Ce compromis sur le partage des postes pour l’exécutif devant conduire la RDC aux élections en décembre 2017 aura permis de débloquer tant soi peu les tractations qui perdurent depuis plus de trois semaines.
Les tractations du Centre interdiocésain, qui se déroulent sous la facilitation des évêques catholiques membres de la Conférence épiscopale nationale du Congo (Cénco) pour la mise en œuvre de l’accord du 31 décembre, ont connu ces derniers jours quelques avancées. Après le consensus trouvé autour de la composition du Conseil national de suivi dudit accord, les parties prenantes se sont également mises d’accord sur la répartition des postes au sein du prochain gouvernement de transition. Cette question qui a longtemps freiné le processus a pu être réglée du fait que les uns et les autres ont finalement mis un peu d’eau dans leur vin en faisant prévaloir l’intérêt supérieur de la nation.
D’après une source proche de l’opposition non signataire de l’accord du 18 octobre cristallisée autour du Rassemblement, il a fallu bouger certains variables, notamment la taille du gouvernement, de sorte à avoir une marge de manœuvre conséquente susceptible de prendre en compte la quasi-totalité des forces politiques. « Avec cette augmentation de la taille du gouvernement, on s'est mis d'accord sur le nombre pour chaque composante », a-t-il précisé. C’est sur cette base que les membres actuels du gouvernement représentant l’opposition signataire de l’accord du 18 octobre ont été rassurés de figurer dans la prochaine équipe gouvernementale.

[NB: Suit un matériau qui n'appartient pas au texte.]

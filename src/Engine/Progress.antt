-- ===== src/Engine/Progress.antt =====
-- The bookkeeping of runner.go under `progressMu`: `AbortTransition`, `markTransitionRunning`,
-- `recordTaskOutcome` and `finalTransitionState`. Each returns the new map and the transition that
-- the caller persists after it has released the lock.
pub mod Accounts
pub mod Final
use chamicore.Prelude.{
  ℕ, ◌+◌, ◌-◌, Bool, true, false, ◌&&◌, Option, none, some, leb, ltb, ◌==◌, is_empty, if◌then◌else◌,
}
use chamicore.Text.{Text, codes}
use chamicore.Text.Trim.{trim_space}
use chamicore.Text.Quote.{quoted}
use chamicore.Dict.{Dict, lookup, insert, erase}
use chamicore.GoError.{GoError, sentinel, message, transition_not_found}
use chamicore.Engine.Types.{
  Transition, TransitionState, TaskState, Progress, completed, partial, succeeded,
}
use chamicore.Prelude.{◌++◌}

-- `finalTransitionState`.
unfoldable pub final_transition_state : Progress → TransitionState
final_transition_state p =
    if ltb 0 p.executable_total
      && (p.canceled_count == p.executable_total
          && (p.transition.success_count == 0 && p.transition.failure_count == p.canceled_count))
    then TransitionState.canceled
    else if p.transition.failure_count == 0
    then completed
    else if p.transition.success_count == 0
    then TransitionState.failed
    else partial

-- The counters after one task ended in a state.
unfoldable pub count_outcome : TaskState → Progress → Progress
count_outcome succeeded p = record p {
  transition = record (p.transition) { success_count = p.transition.success_count + 1 };
}
count_outcome TaskState.canceled p = record p {
  transition = record (p.transition) { failure_count = p.transition.failure_count + 1 };
  canceled_count = p.canceled_count + 1;
}
count_outcome _ p = record p {
  transition = record (p.transition) { failure_count = p.transition.failure_count + 1 };
}

-- The entry after the last task: times, final state, and the cancel function called.
unfoldable pub finish : ℕ → Progress → Progress
unfolding final_transition_state
finish now p = record p {
  transition = record (p.transition) {
    completed_at = some now;
    updated_at = now;
    state = final_transition_state p;
  };
  context_canceled = true;
}

-- One more outcome in an entry. `remaining` is an `int` that is at least one here; where it is not,
-- Go reaches a value below zero and the same branch.
unfoldable pub count_down : TaskState → Progress → Progress
unfolding count_outcome
count_down outcome p =
    let counted = count_outcome outcome p in record counted { remaining = counted.remaining - 1 }

-- `recordTaskOutcome` at an entry that is there.
unfoldable pub record_entry :
    ℕ → Text → TaskState → Dict Progress → Progress → Dict Progress × Option Transition
unfolding finish
record_entry now id outcome m p =
    let next = count_down outcome p in
    if leb next.remaining 0
    then (erase id m, some (finish now next).transition)
    else (insert id next m, none)

abbrev pub or_nothing :
    (Progress → Dict Progress × Option Transition)
    → Dict Progress
    → Option Progress
    → Dict Progress × Option Transition
or_nothing f m none = (m, none)
or_nothing f m (some p) = f p

-- `recordTaskOutcome`.
unfoldable pub record_task_outcome :
    ℕ → Text → TaskState → Dict Progress → Dict Progress × Option Transition
unfolding record_entry
record_task_outcome now id outcome m = or_nothing (record_entry now id outcome m) m (lookup id m)

unfoldable pub start_entry : ℕ → Progress → Progress
start_entry now p = record p {
  started = true;
  transition = record (p.transition) {
    state = TransitionState.running;
    started_at = some now;
    updated_at = now;
  };
}

-- `markTransitionRunning` under the lock: the error for a missing entry, the map, and what to write.
abbrev pub mark_entry :
    ℕ → Text → Dict Progress → Option Progress → Option GoError × Dict Progress × Option Transition
mark_entry now id m none = (
  some (message (codes "transition " ++ (quoted id ++ codes " has no active progress"))),
  m,
  none,
)
mark_entry now id m (some p) =
    if p.aborted
    then (none, m, none)
    else if p.started
    then (none, m, none)
    else (none, insert id (start_entry now p) m, some (start_entry now p).transition)

unfoldable pub mark_transition_running :
    ℕ → Text → Dict Progress → Option GoError × Dict Progress × Option Transition
unfolding start_entry
mark_transition_running now id m = mark_entry now id m (lookup id m)

unfoldable pub abort_entry : ℕ → Progress → Progress
abort_entry now p = record p {
  aborted = true;
  context_canceled = true;
  transition = record (p.transition) { state = TransitionState.canceled; updated_at = now };
}

abbrev pub abort_found :
    ℕ → Text → Dict Progress → Option Progress → Option GoError × Dict Progress × Option Transition
abort_found now id m none = (some (sentinel transition_not_found), m, none)
abort_found now id m (some p) =
    if p.aborted
    then (none, m, none)
    else (none, insert id (abort_entry now p) m, some (abort_entry now p).transition)

-- `AbortTransition` up to the write.
unfoldable pub abort_transition :
    ℕ → Text → Dict Progress → Option GoError × Dict Progress × Option Transition
unfolding abort_entry
abort_transition now transition_id m =
    let id = trim_space transition_id in
    if is_empty id
    then (some (sentinel transition_not_found), m, none)
    else abort_found now id m (lookup id m)
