-- ===== src/Engine/Progress/Accounts.antt =====
-- What the counters of an active transition add up to.
use chamicore.Prelude.{ℕ, ◌+◌, ◌-◌, ◌≤◌, ◌<◌, ◌≡◌, refl, arith}
use chamicore.Engine.Types.{Progress, TaskState, succeeded}
use chamicore.Engine.Progress.{count_down, start_entry, abort_entry}

-- Each target is a success, a failure or still open; the targets that had no mapping failed at the
-- start; and only tasks that were started can be canceled.
pub record IsAccounted (p : Progress) : Type 0 where
  pub balanced :
      p.transition.success_count + p.transition.failure_count + p.remaining
      ≡ p.transition.target_count
  pub executable : p.executable_total ≤ p.transition.target_count
  pub missing_failed :
      p.canceled_count + p.transition.target_count ≤ p.executable_total + p.transition.failure_count

pub count_down-IsAccounted :
    (outcome : TaskState) (p : Progress)
    → IsAccounted p
    → 0 < p.remaining
    → IsAccounted (count_down outcome p)
unfolding count_down
count_down-IsAccounted succeeded p h k = ground arith
count_down-IsAccounted _ p h k = ground arith

pub start_entry-IsAccounted :
    (now : ℕ) (p : Progress) → IsAccounted p → IsAccounted (start_entry now p)
unfolding start_entry
start_entry-IsAccounted now p h = ground arith

pub abort_entry-IsAccounted :
    (now : ℕ) (p : Progress) → IsAccounted p → IsAccounted (abort_entry now p)
unfolding abort_entry
abort_entry-IsAccounted now p h = ground arith

pub remaining-count_down :
    (outcome : TaskState) (p : Progress) → (count_down outcome p).remaining ≡ p.remaining - 1
unfolding count_down
remaining-count_down succeeded p = refl
remaining-count_down _ p = refl
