-- ===== src/Engine/Progress/Final.antt =====
-- The final state of a transition, by the share of its targets that succeeded.
use chamicore.Prelude.{
  ℕ, ◌+◌, ◌≤◌, ◌<◌, ◌≡◌, refl, ◌↔◌, ◌⊎◌, inl, inr, none, some, arith, Bool-cases, leb, leb→le,
}
use chamicore.Text.{Text, =ₛ_refl}
use chamicore.Dict.{Dict, lookup, lookup-insert, lookup-erase}
use chamicore.Engine.Types.{Progress, Transition, TransitionState, TaskState, completed, partial}
use chamicore.Engine.Progress.{
  final_transition_state, count_down, finish, record_entry, record_task_outcome,
}
use chamicore.Engine.Progress.Accounts.{IsAccounted, count_down-IsAccounted, remaining-count_down}

-- When no task of an accounted transition is open, its final state is `completed` exactly when every
-- target succeeded, `partial` exactly when some did and some did not, `canceled` exactly when every
-- target was canceled, and `failed` in all other cases.
pub final_transition_state_iff :
    (p : Progress)
    → IsAccounted p
    → p.remaining ≡ 0
    → 0 < p.transition.target_count
    → ((final_transition_state p ≡ completed)
        ↔ (p.transition.success_count ≡ p.transition.target_count))
      × ((final_transition_state p ≡ partial) ↔ (
          (0 < p.transition.success_count)
          × (p.transition.success_count < p.transition.target_count)))
      × ((final_transition_state p ≡ TransitionState.canceled)
          ↔ (p.canceled_count ≡ p.transition.target_count))
      × ((final_transition_state p ≡ TransitionState.failed)
          ↔ ((p.transition.success_count ≡ 0) × (p.canceled_count < p.transition.target_count)))
unfolding final_transition_state
final_transition_state_iff p h k l = (ground arith, ground arith, ground arith, ground arith)

module _ (now : ℕ) (id : Text) (outcome : TaskState) (m : Dict Progress) (p : Progress) where
  record_entry_last :
      p.remaining ≤ 1
      → (lookup id (record_entry now id outcome m p).0 ≡ none)
        × ((record_entry now id outcome m p).1
            ≡ some (finish now (count_down outcome p)).transition)
  unfolding record_entry
  record_entry_last k =
      ground (arith, remaining-count_down outcome p, lookup-erase id id m, =ₛ_refl id)

  record_entry_more :
      1 < p.remaining
      → (lookup id (record_entry now id outcome m p).0 ≡ some (count_down outcome p))
        × ((record_entry now id outcome m p).1 ≡ none)
  unfolding record_entry
  record_entry_more k = ground (
    arith,
    remaining-count_down outcome p,
    lookup-insert id id (count_down outcome p) m,
    =ₛ_refl id,
  )

-- What `recordTaskOutcome` does to an accounted entry with open tasks: with more than one open it
-- writes nothing and keeps the entry with one task fewer; with one open it removes the entry and
-- writes a transition with a completion time, whose successes and failures are all its targets and
-- whose state is the final state of the counted entry.
pub record_task_outcome-last :
    (now : ℕ) (id : Text) (outcome : TaskState) (m : Dict Progress) (p : Progress)
    → lookup id m ≡ some p
    → IsAccounted p
    → 0 < p.remaining
    → let r = record_task_outcome now id outcome m in
      ((1 < p.remaining)
        × (r.1 ≡ none)
        × (lookup id r.0 ≡ some (count_down outcome p))
        × ((count_down outcome p).remaining + 1 ≡ p.remaining))
      ⊎ ((p.remaining ≡ 1)
          × (lookup id r.0 ≡ none)
          × ((t : Transition) × (r.1 ≡ some t)
              × (t.completed_at ≡ some now)
              × (t.success_count + t.failure_count ≡ t.target_count)
              × (t.state ≡ final_transition_state (count_down outcome p))))
unfolding record_task_outcome
record_task_outcome-last now id outcome m p e h k = elim (Bool-cases (leb p.remaining 1)) [
  | inl last ↦
      let removed = record_entry_last now id outcome m p (leb→le _ _ last) in
      inr (
        omega (arith, leb→le _ _ last),
        rw e removed.0,
        (
          (finish now (count_down outcome p)).transition,
          rw e removed.1,
          unfold finish in refl,
          unfold finish in
              omega (
                arith,
                (count_down-IsAccounted outcome p h k).balanced,
                remaining-count_down outcome p,
                leb→le _ _ last,
              ),
          unfold finish in refl,
        ),
      )
  | inr more ↦
      let kept = record_entry_more now id outcome m p (ground arith) in
      inl (ground arith, rw e kept.1, rw e kept.0, omega (arith, remaining-count_down outcome p))
]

Ainsi donc, au lieu de quarante-six postes ministériels tel qu’initialement proposé, le futur gouvernement de transition comptera cinquante-trois membres. La répartition des postes s’est effectuée de manière ci-après : la majorité présidentielle disposera de dix-huit ministres et trois vice-ministres. La coalition Rassemblement de l’opposition disposera, quant à elle, de treize ministres et trois vice-ministres. Huit ministères et trois vice-ministres seront occupés par des membres de l’opposition signataire de l’accord du 18 octobre 2016 tandis que l’opposition républicaine de Kengo wa Dondo disposera de deux ministres et un vice-ministre.
Cette répartition des postes pour l’exécutif devant conduire la RDC aux élections en décembre 2017 aura permis de débloquer les tractations qui perdurent depuis plus de trois semaines. Seule la question du mode de désignation du Premier ministre achoppe. La majorité exige au Rassemblement une proposition de plusieurs noms, alors que la coalition dirigée par Tshisekedi ne souhaite en présenter qu’un seul. La Cénco continue à faire pression pour que la majorité et l’opposition s’entendent urgemment sur cette question au risque de chambouler un processus arrivé presqu’à son terme, étant entendu que le Premier ministre est censé être présenté, par sa composante (Le Rassemblement), le 5 février.